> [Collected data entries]
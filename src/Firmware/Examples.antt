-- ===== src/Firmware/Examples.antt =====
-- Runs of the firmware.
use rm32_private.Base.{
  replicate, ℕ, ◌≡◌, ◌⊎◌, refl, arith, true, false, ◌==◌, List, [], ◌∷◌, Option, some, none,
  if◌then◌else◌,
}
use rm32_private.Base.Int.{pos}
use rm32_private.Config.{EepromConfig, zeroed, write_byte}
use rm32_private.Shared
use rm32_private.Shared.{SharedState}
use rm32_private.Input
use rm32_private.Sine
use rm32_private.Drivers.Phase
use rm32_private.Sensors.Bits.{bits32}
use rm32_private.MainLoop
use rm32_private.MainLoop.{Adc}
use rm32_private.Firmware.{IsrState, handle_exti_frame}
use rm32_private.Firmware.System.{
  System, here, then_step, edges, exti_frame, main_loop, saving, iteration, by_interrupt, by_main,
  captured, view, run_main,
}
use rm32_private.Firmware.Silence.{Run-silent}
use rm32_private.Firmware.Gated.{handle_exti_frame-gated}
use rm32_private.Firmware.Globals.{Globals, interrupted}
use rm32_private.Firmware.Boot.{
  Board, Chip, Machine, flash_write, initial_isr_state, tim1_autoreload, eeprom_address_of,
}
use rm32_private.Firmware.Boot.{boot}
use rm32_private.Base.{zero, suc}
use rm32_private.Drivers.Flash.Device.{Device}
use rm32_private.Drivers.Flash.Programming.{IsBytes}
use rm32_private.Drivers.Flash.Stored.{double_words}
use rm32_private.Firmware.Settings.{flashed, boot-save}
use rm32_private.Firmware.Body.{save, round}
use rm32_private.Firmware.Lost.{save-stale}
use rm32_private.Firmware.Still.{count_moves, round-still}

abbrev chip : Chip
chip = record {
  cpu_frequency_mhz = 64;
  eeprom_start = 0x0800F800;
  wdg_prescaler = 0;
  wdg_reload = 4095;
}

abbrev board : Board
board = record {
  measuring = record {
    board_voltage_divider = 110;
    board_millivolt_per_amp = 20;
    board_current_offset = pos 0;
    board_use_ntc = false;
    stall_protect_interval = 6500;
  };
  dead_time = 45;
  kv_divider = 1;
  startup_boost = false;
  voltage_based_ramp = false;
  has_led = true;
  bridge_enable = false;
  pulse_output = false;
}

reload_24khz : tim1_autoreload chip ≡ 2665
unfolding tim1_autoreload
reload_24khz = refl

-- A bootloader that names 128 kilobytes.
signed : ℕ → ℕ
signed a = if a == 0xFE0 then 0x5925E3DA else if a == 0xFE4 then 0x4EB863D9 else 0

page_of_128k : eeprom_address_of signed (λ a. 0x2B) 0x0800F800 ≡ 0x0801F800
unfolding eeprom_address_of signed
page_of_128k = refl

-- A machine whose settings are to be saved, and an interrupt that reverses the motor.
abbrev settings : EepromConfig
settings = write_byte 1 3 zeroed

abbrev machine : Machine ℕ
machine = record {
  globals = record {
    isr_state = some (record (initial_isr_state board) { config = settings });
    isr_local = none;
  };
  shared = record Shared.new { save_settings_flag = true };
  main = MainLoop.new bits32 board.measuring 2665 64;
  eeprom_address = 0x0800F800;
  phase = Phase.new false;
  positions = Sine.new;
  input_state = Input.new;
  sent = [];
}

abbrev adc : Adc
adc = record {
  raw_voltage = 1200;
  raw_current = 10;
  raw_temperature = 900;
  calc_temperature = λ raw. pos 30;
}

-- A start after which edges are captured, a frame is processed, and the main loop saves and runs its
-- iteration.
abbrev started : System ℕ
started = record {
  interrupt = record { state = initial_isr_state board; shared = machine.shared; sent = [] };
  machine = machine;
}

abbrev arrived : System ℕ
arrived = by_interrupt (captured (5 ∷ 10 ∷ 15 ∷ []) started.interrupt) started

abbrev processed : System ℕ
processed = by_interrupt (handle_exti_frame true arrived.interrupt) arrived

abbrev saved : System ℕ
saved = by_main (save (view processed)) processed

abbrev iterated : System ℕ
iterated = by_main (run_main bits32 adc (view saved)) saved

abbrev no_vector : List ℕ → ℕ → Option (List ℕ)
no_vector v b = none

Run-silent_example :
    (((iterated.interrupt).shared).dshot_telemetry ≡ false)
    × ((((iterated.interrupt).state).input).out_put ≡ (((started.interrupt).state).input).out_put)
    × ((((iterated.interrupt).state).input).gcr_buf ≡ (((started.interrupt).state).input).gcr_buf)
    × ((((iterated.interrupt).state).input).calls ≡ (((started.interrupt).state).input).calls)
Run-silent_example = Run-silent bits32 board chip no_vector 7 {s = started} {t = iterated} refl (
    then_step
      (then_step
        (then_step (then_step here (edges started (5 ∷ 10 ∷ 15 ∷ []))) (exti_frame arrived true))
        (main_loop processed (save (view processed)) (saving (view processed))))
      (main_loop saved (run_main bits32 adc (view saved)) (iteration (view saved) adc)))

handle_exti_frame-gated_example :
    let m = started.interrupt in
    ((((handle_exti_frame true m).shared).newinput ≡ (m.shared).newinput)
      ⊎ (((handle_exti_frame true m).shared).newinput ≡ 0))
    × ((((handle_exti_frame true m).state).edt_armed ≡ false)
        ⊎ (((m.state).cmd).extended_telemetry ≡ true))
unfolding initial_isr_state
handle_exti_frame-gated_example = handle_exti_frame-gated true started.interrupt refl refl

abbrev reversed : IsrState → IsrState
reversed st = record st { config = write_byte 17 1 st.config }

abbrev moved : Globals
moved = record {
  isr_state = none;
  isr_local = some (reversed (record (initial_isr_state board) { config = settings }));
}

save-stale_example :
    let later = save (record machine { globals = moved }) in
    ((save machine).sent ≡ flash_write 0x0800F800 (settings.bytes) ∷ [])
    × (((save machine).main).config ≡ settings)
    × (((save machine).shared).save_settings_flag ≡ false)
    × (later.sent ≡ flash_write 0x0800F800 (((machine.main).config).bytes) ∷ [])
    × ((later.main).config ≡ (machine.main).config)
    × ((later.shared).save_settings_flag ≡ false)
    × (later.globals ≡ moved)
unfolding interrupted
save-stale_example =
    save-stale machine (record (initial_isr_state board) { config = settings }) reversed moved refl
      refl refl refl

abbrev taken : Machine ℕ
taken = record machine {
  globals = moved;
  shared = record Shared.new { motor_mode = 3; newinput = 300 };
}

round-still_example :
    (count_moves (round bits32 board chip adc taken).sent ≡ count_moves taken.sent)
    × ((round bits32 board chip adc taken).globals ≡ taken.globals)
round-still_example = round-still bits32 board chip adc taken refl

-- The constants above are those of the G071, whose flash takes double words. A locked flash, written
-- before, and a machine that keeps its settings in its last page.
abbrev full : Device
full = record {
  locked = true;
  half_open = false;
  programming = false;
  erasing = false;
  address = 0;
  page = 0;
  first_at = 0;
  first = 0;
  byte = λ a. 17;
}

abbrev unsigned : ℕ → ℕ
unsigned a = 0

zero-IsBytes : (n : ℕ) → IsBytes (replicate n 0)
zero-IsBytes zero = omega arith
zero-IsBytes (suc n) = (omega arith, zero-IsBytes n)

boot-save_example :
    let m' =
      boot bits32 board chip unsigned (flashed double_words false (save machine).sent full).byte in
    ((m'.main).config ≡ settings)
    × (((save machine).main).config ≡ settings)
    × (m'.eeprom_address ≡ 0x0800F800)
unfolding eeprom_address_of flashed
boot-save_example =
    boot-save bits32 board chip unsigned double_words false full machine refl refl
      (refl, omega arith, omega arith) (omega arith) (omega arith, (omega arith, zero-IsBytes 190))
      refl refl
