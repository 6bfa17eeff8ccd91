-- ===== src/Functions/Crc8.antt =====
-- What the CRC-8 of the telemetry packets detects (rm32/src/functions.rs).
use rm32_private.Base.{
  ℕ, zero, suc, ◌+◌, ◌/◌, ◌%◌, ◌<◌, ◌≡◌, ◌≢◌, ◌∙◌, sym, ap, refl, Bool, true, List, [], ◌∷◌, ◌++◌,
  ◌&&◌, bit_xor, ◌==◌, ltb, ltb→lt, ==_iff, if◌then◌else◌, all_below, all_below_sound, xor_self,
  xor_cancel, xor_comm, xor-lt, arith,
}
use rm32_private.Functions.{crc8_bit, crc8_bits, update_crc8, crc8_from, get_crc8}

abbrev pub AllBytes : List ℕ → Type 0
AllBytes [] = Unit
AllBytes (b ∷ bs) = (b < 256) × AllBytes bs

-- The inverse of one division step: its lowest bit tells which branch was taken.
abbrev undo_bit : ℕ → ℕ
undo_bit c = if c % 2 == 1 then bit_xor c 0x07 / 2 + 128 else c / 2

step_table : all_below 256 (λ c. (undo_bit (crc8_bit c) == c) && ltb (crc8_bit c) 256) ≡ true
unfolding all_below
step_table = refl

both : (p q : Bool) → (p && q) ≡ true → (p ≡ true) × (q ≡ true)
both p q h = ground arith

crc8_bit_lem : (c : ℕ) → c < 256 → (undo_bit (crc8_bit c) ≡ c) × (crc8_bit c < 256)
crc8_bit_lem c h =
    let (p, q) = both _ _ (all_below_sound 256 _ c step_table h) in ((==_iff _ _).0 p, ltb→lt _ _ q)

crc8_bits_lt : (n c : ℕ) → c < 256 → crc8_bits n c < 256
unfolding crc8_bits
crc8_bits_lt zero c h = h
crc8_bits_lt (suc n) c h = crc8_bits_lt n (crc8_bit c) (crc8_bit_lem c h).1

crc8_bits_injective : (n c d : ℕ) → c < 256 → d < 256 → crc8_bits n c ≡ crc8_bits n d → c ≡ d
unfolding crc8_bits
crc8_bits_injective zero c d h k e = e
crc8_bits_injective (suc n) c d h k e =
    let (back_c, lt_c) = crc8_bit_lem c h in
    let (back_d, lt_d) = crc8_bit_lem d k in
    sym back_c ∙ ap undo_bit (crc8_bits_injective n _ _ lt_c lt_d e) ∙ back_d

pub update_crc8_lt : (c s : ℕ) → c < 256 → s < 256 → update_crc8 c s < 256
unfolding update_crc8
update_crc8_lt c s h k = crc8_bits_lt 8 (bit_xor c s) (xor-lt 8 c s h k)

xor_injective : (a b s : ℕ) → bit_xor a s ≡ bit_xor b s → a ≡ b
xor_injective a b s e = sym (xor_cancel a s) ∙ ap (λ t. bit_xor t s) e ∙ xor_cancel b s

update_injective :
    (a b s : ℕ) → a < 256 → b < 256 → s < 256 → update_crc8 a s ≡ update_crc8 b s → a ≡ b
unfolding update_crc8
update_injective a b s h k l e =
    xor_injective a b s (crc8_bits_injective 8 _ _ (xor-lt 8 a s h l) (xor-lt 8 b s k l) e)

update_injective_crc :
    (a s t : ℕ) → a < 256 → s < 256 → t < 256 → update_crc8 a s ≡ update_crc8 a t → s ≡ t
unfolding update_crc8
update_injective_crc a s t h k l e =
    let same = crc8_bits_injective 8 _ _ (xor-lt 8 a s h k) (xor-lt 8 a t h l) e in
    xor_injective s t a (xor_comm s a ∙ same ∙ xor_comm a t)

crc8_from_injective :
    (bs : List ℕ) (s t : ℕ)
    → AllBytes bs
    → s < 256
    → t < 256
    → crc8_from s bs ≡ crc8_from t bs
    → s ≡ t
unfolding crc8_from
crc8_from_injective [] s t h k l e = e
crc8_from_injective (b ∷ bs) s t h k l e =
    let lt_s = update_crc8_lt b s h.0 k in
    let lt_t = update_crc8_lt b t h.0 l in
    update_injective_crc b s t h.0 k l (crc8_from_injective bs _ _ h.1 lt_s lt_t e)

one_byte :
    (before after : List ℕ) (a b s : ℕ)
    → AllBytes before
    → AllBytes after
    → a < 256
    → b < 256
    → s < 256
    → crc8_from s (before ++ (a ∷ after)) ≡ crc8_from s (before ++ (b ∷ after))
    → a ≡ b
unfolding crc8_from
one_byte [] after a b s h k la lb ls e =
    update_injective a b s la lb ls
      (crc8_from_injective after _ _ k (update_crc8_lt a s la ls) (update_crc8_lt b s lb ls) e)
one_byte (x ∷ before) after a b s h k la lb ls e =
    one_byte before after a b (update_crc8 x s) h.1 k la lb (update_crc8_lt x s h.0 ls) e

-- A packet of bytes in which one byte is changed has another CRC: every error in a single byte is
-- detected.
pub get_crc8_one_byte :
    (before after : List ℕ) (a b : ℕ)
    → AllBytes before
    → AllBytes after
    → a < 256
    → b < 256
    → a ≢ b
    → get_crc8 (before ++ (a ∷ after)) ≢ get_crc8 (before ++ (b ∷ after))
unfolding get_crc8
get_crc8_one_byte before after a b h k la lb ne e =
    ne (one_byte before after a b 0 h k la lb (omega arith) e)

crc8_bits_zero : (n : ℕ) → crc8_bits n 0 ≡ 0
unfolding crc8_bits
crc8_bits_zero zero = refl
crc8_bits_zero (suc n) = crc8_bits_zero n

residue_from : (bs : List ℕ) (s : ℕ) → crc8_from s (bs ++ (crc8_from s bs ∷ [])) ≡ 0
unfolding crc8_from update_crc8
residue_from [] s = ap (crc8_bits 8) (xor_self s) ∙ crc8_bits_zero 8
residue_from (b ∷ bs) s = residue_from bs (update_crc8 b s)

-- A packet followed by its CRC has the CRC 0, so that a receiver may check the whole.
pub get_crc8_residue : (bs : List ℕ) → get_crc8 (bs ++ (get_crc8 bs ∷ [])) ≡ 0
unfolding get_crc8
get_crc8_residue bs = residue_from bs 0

> [Problem details] Looking at the entries above, can you reproduce exactly the lines from the one that holds "-- The inverse" through the one that holds "let same = crc8_bits_injective", and only those?

> [Answer to this exercise]
-- The inverse of one division step: its lowest bit tells which branch was taken.
abbrev undo_bit : ℕ → ℕ
undo_bit c = if c % 2 == 1 then bit_xor c 0x07 / 2 + 128 else c / 2

step_table : all_below 256 (λ c. (undo_bit (crc8_bit c) == c) && ltb (crc8_bit c) 256) ≡ true
unfolding all_below
step_table = refl

both : (p q : Bool) → (p && q) ≡ true → (p ≡ true) × (q ≡ true)
both p q h = ground arith

crc8_bit_lem : (c : ℕ) → c < 256 → (undo_bit (crc8_bit c) ≡ c) × (crc8_bit c < 256)
crc8_bit_lem c h =
    let (p, q) = both _ _ (all_below_sound 256 _ c step_table h) in ((==_iff _ _).0 p, ltb→lt _ _ q)

crc8_bits_lt : (n c : ℕ) → c < 256 → crc8_bits n c < 256
unfolding crc8_bits
crc8_bits_lt zero c h = h
crc8_bits_lt (suc n) c h = crc8_bits_lt n (crc8_bit c) (crc8_bit_lem c h).1

crc8_bits_injective : (n c d : ℕ) → c < 256 → d < 256 → crc8_bits n c ≡ crc8_bits n d → c ≡ d
unfolding crc8_bits
crc8_bits_injective zero c d h k e = e
crc8_bits_injective (suc n) c d h k e =
    let (back_c, lt_c) = crc8_bit_lem c h in
    let (back_d, lt_d) = crc8_bit_lem d k in
    sym back_c ∙ ap undo_bit (crc8_bits_injective n _ _ lt_c lt_d e) ∙ back_d

pub update_crc8_lt : (c s : ℕ) → c < 256 → s < 256 → update_crc8 c s < 256
unfolding update_crc8
update_crc8_lt c s h k = crc8_bits_lt 8 (bit_xor c s) (xor-lt 8 c s h k)

xor_injective : (a b s : ℕ) → bit_xor a s ≡ bit_xor b s → a ≡ b
xor_injective a b s e = sym (xor_cancel a s) ∙ ap (λ t. bit_xor t s) e ∙ xor_cancel b s

update_injective :
    (a b s : ℕ) → a < 256 → b < 256 → s < 256 → update_crc8 a s ≡ update_crc8 b s → a ≡ b
unfolding update_crc8
update_injective a b s h k l e =
    xor_injective a b s (crc8_bits_injective 8 _ _ (xor-lt 8 a s h l) (xor-lt 8 b s k l) e)

update_injective_crc :
    (a s t : ℕ) → a < 256 → s < 256 → t < 256 → update_crc8 a s ≡ update_crc8 a t → s ≡ t
unfolding update_crc8
update_injective_crc a s t h k l e =
    let same = crc8_bits_injective 8 _ _ (xor-lt 8 a s h k) (xor-lt 8 a t h l) e in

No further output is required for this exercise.